The former chief economist at the World Bank expressed his views on government role in land acquisition after delivering a keynote address on Learning for a New Economy: Insights for the Developing World at the Indian Statistical Institute (ISI). The address was part of a three-day workshop on Economic Growth in West Bengal: Challenges and Priorities at the institute that has brought prominent economists from across the world to the Baranagar campus.
"Purchase of land becomes very difficult for those who want to acquire a large amount of land. There can be a problem of hold-up in such cases as someone may say that I will not sell my land," said Stiglitz.
According to him, Columbia University faced the same problem while acquiring land for expansion of its campus as some landowners wanted a huge amount of compensation.
"The government used the right of eminent domain and helped the university in the acquisition process," said Stiglitz, suggesting government role in land acquisition.
Using the eminent domain principle, governments can seize property with due monetary compensation even without the owner's consent. The Left Front government in Bengal had used this principle to acquire land in Singur for the Tata Nano factory.
After coming to power, Mamata Banerjee, who had led the Singur protest, advocated a hands-off land policy under which industry would have to buy land directly from the owners.
In his address that focused on broader issues in development strategy, Stiglitz explained that markets on their own cannot result in efficient outcomes and laid stress on the role of government.
However, at the inaugural session of the workshop, industries minister Partha Chatterjee iterated the Mamata government's stand. "Private entrepreneurs will have to acquire land themselves. We don't want to get involved in the process of land acquisition," Chatterjee said.
The hands-off land policy became the theme at a session on land acquisition for industry that followed the inaugural one.
Bhaskar Dutta, a professor of economics at the University of Warwick, said government role in land acquisition for industry would ensure a better deal for farmers. "A humane government can extract a better deal for farmers from an entrepreneur," said Dutta, who is also a columnist of The Telegraph.
Although he said that there could be an element of coercion if the state exercised the public purpose or eminent domain clause, he added that there was no justification in assuming that every instance of state intervention would lead to use of force.
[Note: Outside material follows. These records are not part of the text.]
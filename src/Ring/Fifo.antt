-- ===== src/Ring/Fifo.antt =====
-- shmRingSendFrame and shmRingRecvFrame against the queue of the frames that the ring holds.
use omni_binder.Prelude.{
  ℕ, ◌+◌, ◌<◌, ◌≡◌, refl, sym, ap, ap₂, ◌∙◌, inl, inr, Bool, ◌&&◌, ◌||◌, List, [], ◌∷◌, ◌++◌,
  append_assoc, append-nil, arith, ltb, ◌==◌, length, length-append, Bool-cases, ltb→lt,
}
use omni_binder.Ring.{Ring, send_frame, recv_frame}
use omni_binder.Ring.Window.{length-window}
use omni_binder.Ring.Bytes.{IsValid, used, contents}
use omni_binder.Ring.Send.{encode, write_frame-fits, send_frame-fits, send_frame-full}
use omni_binder.Ring.Receive.{recv_frame-holds, recv_frame-small, recv_frame-empty}
use omni_binder.Ring.Queue.{
  Op, send, recv, sent, received, weight, is_empty, push, pop, run_queue, run_ring, IsSendable,
  AllSendable, OpsSendable,
}

-- The frames one after another.
abbrev pub encode_all : List (List ℕ) → List ℕ
encode_all [] = []
encode_all (f ∷ q) = encode f ++ encode_all q

length-encode_all : (q : List (List ℕ)) → length (encode_all q) ≡ weight q
length-encode_all [] = refl
length-encode_all (f ∷ q) = omega (arith, length-append f (encode_all q), length-encode_all q)

encode_all-snoc :
    (q : List (List ℕ)) (f : List ℕ) → encode_all (q ++ f ∷ []) ≡ encode_all q ++ encode f
encode_all-snoc [] f = append-nil (encode f)
encode_all-snoc (g ∷ q) f =
    ap (◌++◌ (encode g)) (encode_all-snoc q f)
    ∙ sym (append_assoc (encode g) (encode_all q) (encode f))

AllSendable-snoc :
    (q : List (List ℕ)) (f : List ℕ) → AllSendable q → IsSendable f → AllSendable (q ++ f ∷ [])
AllSendable-snoc [] f a s = (s, tt)
AllSendable-snoc (g ∷ q) f a s = (a.0, AllSendable-snoc q f a.1 s)

-- The ring holds the frames `q`, and no other byte.
pub record Holds (r : Ring) (cap : ℕ) (q : List (List ℕ)) : Type 0 where
  pub valid : IsValid r cap
  pub frames : contents r cap ≡ encode_all q
  pub sendable : AllSendable q

used-Holds : (r : Ring) {cap : ℕ} (q : List (List ℕ)) → Holds r cap q → used r cap ≡ weight q
used-Holds r {cap} q h =
    sym (length-window cap r.bytes r.read_pos (used r cap))
    ∙ ap length h.frames
    ∙ length-encode_all q

-- The ring is empty when the positions agree, and just then the queue is.
drained-is_empty :
    (r : Ring) {cap : ℕ} (q : List (List ℕ))
    → Holds r cap q
    → (used r cap == 0 || r.read_pos == r.write_pos) ≡ is_empty q
unfolding used
drained-is_empty r [] h = ground (arith, used-Holds r [] h)
drained-is_empty r (f ∷ q) h = ground (arith, used-Holds r (f ∷ q) h)

-- On a ring that holds the frames of a queue, sending a frame of 1 byte to 16 MiB answers as `push` does
-- on the queue, and leaves a ring that holds the frames of the queue that `push` leaves.
pub send_refines :
    (r : Ring) {cap : ℕ} (q : List (List ℕ)) (has_fd : Bool) (f : List ℕ)
    → Holds r cap q
    → IsSendable f
    → let s = send_frame r cap f has_fd r.read_pos in
      let (a, q') = push cap has_fd q f in (sent s.written s.notified ≡ a) × Holds s.ring cap q'
unfolding push
send_refines r {cap} q has_fd f h s = elim (Bool-cases (ltb (weight q + (4 + length f)) cap)) [
  | inl t ↦
      let fits : used r cap + (4 + length f) < cap = omega (arith, ltb→lt, used-Holds r q h, t) in
      let wrote = write_frame-fits r f h.valid fits in
      rw (t, push, send_frame-fits r f has_fd r.read_pos h.valid fits)
        (
          ap (λ b. sent (4 + length f) (b && has_fd)) (drained-is_empty r q h),
          record {
            valid = wrote.1;
            frames = wrote.2 ∙ ap (λ l. l ++ encode f) h.frames ∙ sym (encode_all-snoc q f);
            sendable = AllSendable-snoc q f h.sendable s;
          },
        )
  | inr t ↦
      rw
        (
          t,
          push,
          send_frame-full r f has_fd r.read_pos h.valid (omega arith)
              (ground (arith, used-Holds r q h)),
        )
        (refl, h)
]

-- On a ring that holds the frames of a queue, a receive answers as `pop` does on the queue, whatever the
-- size of its buffer, and leaves a ring that holds the frames of the queue that `pop` leaves.
pub recv_refines :
    (r : Ring) {cap : ℕ} (q : List (List ℕ)) (n : ℕ)
    → Holds r cap q
    → let (a, r') = recv_frame r cap n in
      let (b, q') = pop q n in (received a ≡ b) × Holds r' cap q'
unfolding pop
recv_refines r {cap} [] n h = rw (recv_frame-empty r n h.valid (used-Holds r [] h)) (refl, h)
recv_refines r {cap} (f ∷ q) n h = elim (Bool-cases (ltb n (length f))) [
  | inl t ↦
      rw
        (
          t,
          pop,
          recv_frame-small r f (encode_all q) n h.valid h.frames h.sendable.0.0 h.sendable.0.1
              (ltb→lt n (length f) t),
        )
        (refl, h)
  | inr t ↦
      let got =
        recv_frame-holds r f (encode_all q) n h.valid h.frames h.sendable.0.0 h.sendable.0.1
          (ground arith) in
      rw (t, pop)
        (ap received got.0, record { valid = got.1; frames = got.2; sendable = h.sendable.1 })
]

-- From a ring that holds the frames of a queue, any sequence of sends, of frames of 1 byte to 16 MiB, and
-- of receives is answered just as the bounded first-in first-out queue answers it.
pub run_refines :
    (ops : List Op) (r : Ring) {cap : ℕ} (q : List (List ℕ)) (has_fd : Bool)
    → Holds r cap q
    → OpsSendable ops
    → run_ring cap has_fd r ops ≡ run_queue cap has_fd q ops
unfolding run_ring run_queue
run_refines [] r q has_fd h s = refl
run_refines (send f ∷ ops) r q has_fd h s =
    let step = send_refines r q has_fd f h s.0 in
    ap₂ ◌∷◌ step.0 (run_refines ops _ _ has_fd step.1 s.1)
run_refines (recv n ∷ ops) r q has_fd h s =
    let step = recv_refines r q n h in ap₂ ◌∷◌ step.0 (run_refines ops _ _ has_fd step.1 s)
He cited the example of the role played by the Kerala government during land acquisition for an airport near Kochi. According to him, a negotiation committee set up by the government managed to sweeten the deal for over 900 small farmers, who not only got cash compensation but also one job for each family and permits to run taxis from the airport.
"Bengal cannot afford to act on its own at a time there is a race among states to attract investment. If the government in Bengal is not facilitating land acquisition, but others are, why will industry come here?" he asked.
Some of the other speakers, including Partha Chatterjee of Centre for Studies in Social Sciences, Calcutta, and Columbia University, said the government would have to think of alternatives to find a solution to the problem of land for industry.
Trinamul MP Debabrata Bandyopadhyay and one of the architects of the government's hands-off land policy was the only government representative at the discussion. The other speakers included Sanjoy Chakravorty, Temple University, US; Parikshit Ghosh, Delhi School of Economics; and Dilip Mookherjee, Boston University, US.
Bandyopadhyay said industry should play "fair" in the market to scoop up land. He suggested that industry should steer clear of fertile land and focus on non-arable land in West Midnapore, Bankura, Purulia and parts of western Burdwan. "The problem is everyone wants to be near Calcutta.... All these places are well connected," he said.
FDI in retail: Mamata's opposition to FDI in retail found some support from Stiglitz but for different reasons. The Nobel laureate said he agreed that the retail sector needed investment, but not necessarily foreign investment. He also criticised WalMart for garnering comparative advantage through bad labour practices.